====== PROVIDED DATA ======

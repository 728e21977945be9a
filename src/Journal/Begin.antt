-- ===== src/Journal/Begin.antt =====
-- internal/journal/operations.go: BeginAttempt and EndAttempt, over the writes of Operations.
use az_agent_platform_go.Prelude.{
  ℕ, Bool, true, false, not, ◌&&◌, ◌||◌, Option, none, some, GoString, str_eq, is_empty, codes,
  length, ok, err, ltb, leb, ◌==◌, find_row, update_rows, filterb, anyb, if◌then◌else◌,
}
use az_agent_platform_go.Journal.{
  Journal, Tx, JournalError, bad_state, database, outcome_unknown, superseded, EventKind, RunRow,
  Owner, Operation, OperationRow, AttemptRow, InteractionRow, Marker, Outcome, External,
}
use az_agent_platform_go.Journal.Transactions.{
  ◌>>=◌, ◌>>◌, pure, get, put, require, require_some, append_event, event, lock_owner, find_run,
}
use az_agent_platform_go.Journal.Operations.{
  is_read_only, valid_policy, is_unresolved, is_dispatching, is_decided, or_empty, bind_call,
  consumed_approval, set_marker, supersede_row, has_call, attempt_is, insert_operation,
  open_attempt, reopen_operation,
}

-- What the store finds about the approval of a first attempt.
pub data Approval : Type 0 where
  granted stale : Approval

module _ (x : External) where
  -- The checks of a consumed approval: approved, for this very call, decided and not dispatched;
  -- stale where its journey or binding is no longer the call's.
  unfoldable pub check_approval : GoString → Operation → GoString → GoString → Tx Approval
  check_approval run op expected id = do
    j ← get
    i ←
        require_some
          (find_row (λ (i : InteractionRow). consumed_approval id run i && ltb j.now i.expires_at)
            j.interactions)
          bad_state
    answer ← require_some (x.unmarshal_reply (or_empty i.reply)) bad_state
    require
        (str_eq answer.decision (codes "approve")
          && str_eq i.artifact.call.call_id op.call_id
          && str_eq i.artifact.call.name op.name)
        bad_state
    require (is_decided i.marker) bad_state
    pure (
        if str_eq (or_empty i.journey_id) op.journey_id && str_eq i.artifact.call.binding expected
        then Approval.granted
        else Approval.stale)

  -- The body of the transaction, by attempt; true where the approval was superseded.
  unfoldable pub begin_first : RunRow → Operation → GoString → GoString → Tx Bool
  begin_first r op expected id =
      if op.requires_approval
      then (do
        a ← check_approval r.id op expected id
        elim a [
          | Approval.stale ↦ do supersede_row r.id id; pure true
          | Approval.granted ↦ do
            insert_operation r op
            j ← get
            put (set_marker id Marker.dispatched j)
            open_attempt r.id op 1
            pure false
        ])
      else (do insert_operation r op; open_attempt r.id op 1; pure false)

  unfoldable pub begin_again : RunRow → Operation → ℕ → Tx Bool
  begin_again r op n = do reopen_operation r.id op; open_attempt r.id op n; pure false

  unfoldable pub begin_body : Owner → Operation → ℕ → GoString → Tx Bool
  begin_body o op n id = do
    lock_owner o
    j ← get
    r ← require_some (find_run o.command.run_id j) database
    version ← require_some r.product_version bad_state
    digest ← require_some r.definition_digest bad_state
    expected ←
        require_some
          (bind_call x (record {
            journey_id = op.journey_id;
            operation_key = op.operation_key;
            name_digest = op.name_digest;
            schema_digest = op.schema_digest;
            arguments = op.arguments;
            product_version = version;
            principal = j.principal;
            conversation = o.command.thread_id;
            definition_set = digest;
          }))
          bad_state
    require (str_eq expected op.binding) bad_state
    require
        (not (
          anyb (λ (u : OperationRow). is_unresolved u.outcome && not (has_call op.call_id u))
            j.operations))
        outcome_unknown
    if n == 1 then begin_first r op expected id else begin_again r op n

  -- The guard before the transaction.
  unfoldable pub begin_guard : Operation → ℕ → Bool
  unfolding valid_policy
  begin_guard op n =
      not (is_empty op.call_id)
      && leb 1 n
      && leb n 2
      && valid_policy op.policy
      && (is_read_only op.policy || op.requires_approval)

  -- A superseded approval commits its marker and still fails.
  unfoldable pub begin_attempt :
      Owner → Operation → ℕ → GoString → Journal → Journal × Option JournalError
  begin_attempt o op n id j =
      if begin_guard op n
      then elim (begin_body o op n id j) [
        | err e ↦ (j, some e)
        | ok (gone, j') ↦ (j', if gone then some superseded else none)
      ]
      else (j, some bad_state)

abbrev pub is_end : Outcome → Bool
is_end Outcome.dispatching = false
is_end _ = true

-- The open row of a call in a run, and of one of its attempts.
abbrev pub open_operation : GoString → GoString → OperationRow → Bool
open_operation call run r = has_call call r && str_eq r.run_id run && is_dispatching r.outcome

abbrev pub open_attempt_row : GoString → ℕ → AttemptRow → Bool
open_attempt_row call n a = attempt_is call n a && is_dispatching a.outcome

unfoldable pub end_body : Owner → Operation → ℕ → Outcome → Tx (Unit {0})
end_body o op n out = do
  lock_owner o
  j ← get
  let open_op = open_operation op.call_id o.command.run_id
  put (record j {
    operations =
        update_rows open_op (λ (r : OperationRow). record r { outcome = out }) j.operations;
  })
  require (length (filterb open_op j.operations) == 1) bad_state
  k ← get
  let open_row = open_attempt_row op.call_id n
  put (record k {
    attempts = update_rows open_row (λ (a : AttemptRow). record a { outcome = out }) k.attempts;
  })
  require (length (filterb open_row k.attempts) == 1) bad_state
  append_event (record (event o.command.run_id (EventKind.tool_ended out)) {
    call_id = op.call_id;
    tool_name = op.name;
  })

unfoldable pub end_attempt :
    Owner → Operation → ℕ → Outcome → Journal → Journal × Option JournalError
end_attempt o op n out j =
    if is_end out
    then elim (end_body o op n out j) [ err e ↦ (j, some e) | ok (u, j') ↦ (j', none) ]
    else (j, some bad_state)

======

* TRY IT: State how many lines of the listing include "OperationRow", and write nothing else.

* EXPECTED OUTPUT: 4